The butterflies are a common sight in the heavily traveled Cajon Pass, where Interstate 15 snakes into the desert, but have not caused any traffic problems, said Tony Nguyen, a San Bernardino-based Highway Patrol officer.”Driving down the highway, it was just hard not to hit them,” said Michael Hearst, spokesman for the Orange County Vector Control District. “I had one guy complaining because butterflies were all over the radiator of his car.”

Unlike monarch butterflies, which are larger and fly higher, painted ladies cruise at eye level, making them easy to spot but hard to dodge.

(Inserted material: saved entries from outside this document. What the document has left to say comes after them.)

-- ===== src/Rewards/Streaks.antt =====
-- How long the runs of common items, and of common or rare ones, are among the items that the crates
-- of nexus_server/rewards.go gave.
use phazechat_world.Prelude.{
  ℕ, ◌+◌, ◌≤◌, max, ◌≡◌, refl, sym, subst, Bool, true, ◌||◌, Option, none, some, List, [], ◌∷◌,
  ◌++◌, arith, eq_iff, String, ◌==◌, if◌then◌else◌,
}
use phazechat_world.Rewards.{
  RewardItem, pity_step, pity_counters, floor_of, reward_by_id, rarity_rank,
}
use phazechat_world.Rewards.Roll.{IsFair}
use phazechat_world.Rewards.History.{pity_counters-append}

abbrev rarity_of : Option RewardItem → String
rarity_of none = ""
rarity_of (some it) = it.rarity

unfoldable pub is_common : String → Bool
is_common id = rarity_of (reward_by_id id) == "common"

unfoldable pub is_below_epic : String → Bool
is_below_epic id = rarity_of (reward_by_id id) == "common" || rarity_of (reward_by_id id) == "rare"

-- The run that a list ends with and the longest run so far, of what passes a test.
abbrev pub streak_step : Bool → ℕ × ℕ → ℕ × ℕ
streak_step b (current, longest) =
    if b then (current + 1, max longest (current + 1)) else (0, longest)

unfoldable pub streak : (String → Bool) → ℕ × ℕ → List String → ℕ × ℕ
streak p k [] = k
streak p k (id ∷ ids) = streak p (streak_step (p id) k) ids

-- The longest run of a list.
unfoldable pub longest_run : (String → Bool) → List String → ℕ
unfolding streak
longest_run p ids = (streak p (0, 0) ids).1

-- Nowhere more than three common items in a row, and nowhere more than nine below epic.
abbrev pub IsLucky : List String → Type 0
IsLucky ids = (longest_run is_common ids ≤ 3) × (longest_run is_below_epic ids ≤ 9)

-- The counters bound the runs that the list ends with.
abbrev Paced : ℕ × ℕ → ℕ × ℕ → ℕ × ℕ → Type 0
Paced k c b = (k.0 ≤ 3) × (k.1 ≤ 9) × (c.0 ≤ k.0) × (c.1 ≤ 3) × (b.0 ≤ k.1) × (b.1 ≤ 9)

abbrev pub IsPaced : List String → Type 0
IsPaced ids =
    Paced (pity_counters ids) (streak is_common (0, 0) ids) (streak is_below_epic (0, 0) ids)

-- The same with an item more.
abbrev pub IsPacedNext : List String → String → Type 0
IsPacedNext ids id =
    Paced (pity_step (pity_counters ids) id)
      (streak_step (is_common id) (streak is_common (0, 0) ids))
      (streak_step (is_below_epic id) (streak is_below_epic (0, 0) ids))

streak-append :
    (p : String → Bool) (k : ℕ × ℕ) (ids : List String) (id : String)
    → streak p k (ids ++ id ∷ []) ≡ streak_step (p id) (streak p k ids)
unfolding streak
streak-append p k [] id = refl
streak-append p k (x ∷ ids) id = streak-append p (streak_step (p x) k) ids id

pub IsPaced-append :
    (ids : List String) (id : String) → IsPacedNext ids id → IsPaced (ids ++ id ∷ [])
IsPaced-append ids id h =
    subst
      (λ k.
        Paced k (streak is_common (0, 0) (ids ++ id ∷ []))
          (streak is_below_epic (0, 0) (ids ++ id ∷ [])))
      (sym (pity_counters-append ids id))
      (subst
        (λ c.
          Paced (pity_step (pity_counters ids) id) c (streak is_below_epic (0, 0) (ids ++ id ∷ [])))
        (sym (streak-append is_common (0, 0) ids id))
        (subst
          (λ b.
            Paced (pity_step (pity_counters ids) id)
              (streak_step (is_common id) (streak is_common (0, 0) ids)) b)
          (sym (streak-append is_below_epic (0, 0) ids id)) h))

common_rank : (r : String) → r == "common" ≡ true → rarity_rank r ≡ 0
unfolding rarity_rank
common_rank r e = rw ((eq_iff r "common").0 e) refl

rare_rank : (r : String) → r == "rare" ≡ true → rarity_rank r ≡ 1
unfolding rarity_rank
rare_rank r e = rw ((eq_iff r "rare").0 e) refl

below_epic_rank : (r : String) → r == "common" || r == "rare" ≡ true → rarity_rank r ≤ 1
below_epic_rank r e = ground (arith, common_rank r, rare_rank r, e)

-- A fair roll at the counters keeps the pace.
Paced-step :
    (k c b : ℕ × ℕ) (own : List String) (it : RewardItem) (dupe : Bool)
    → Paced k c b
    → IsFair own (floor_of k.0 k.1) (some (it, dupe))
    → Paced
        (pity_step k it.id)
        (streak_step (is_common it.id) c)
        (streak_step (is_below_epic it.id) b)
unfolding pity_step floor_of is_common is_below_epic
Paced-step (r, e) (c, l) (b, m) own it dupe (hr, he, hc, hl, hb, hm) (listed, above, h, f) =
    ground (
      arith,
      listed,
      above,
      hr,
      he,
      hc,
      hl,
      hb,
      hm,
      common_rank it.rarity,
      below_epic_rank it.rarity,
    )

pub IsPacedNext-fair :
    (ids own : List String) (it : RewardItem) (dupe : Bool)
    → IsPaced ids
    → (let k = pity_counters ids in IsFair own (floor_of k.0 k.1) (some (it, dupe)))
    → IsPacedNext ids it.id
IsPacedNext-fair ids own it dupe h f =
    Paced-step (pity_counters ids) (streak is_common (0, 0) ids) (streak is_below_epic (0, 0) ids)
      own it dupe h f

pub IsPaced-IsLucky : (ids : List String) → IsPaced ids → IsLucky ids
unfolding longest_run
IsPaced-IsLucky ids (_, _, _, l, _, m) = (l, m)

pub IsPaced-none : IsPaced []
unfolding pity_counters streak
IsPaced-none = omega arith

When meeting a violent end, the butterflies leave a yellow splatter from the stored fat they use to fly long distances. The pockets of fat are filled with Vitamin A, which gives the goo its yellow color, Ballmer said.Driving along canyon roads through Aliso Viejo over the weekend, Micare Filipcik, 27, of Mission Viejo couldn’t miss the swarm.

“It was a huge flock of butterflies -- like you see birds,” she said. “It was beautiful.”

And if it seems the painted ladies are using state highways as a guide on their northward journey, Marriott said it’s hardly a coincidence.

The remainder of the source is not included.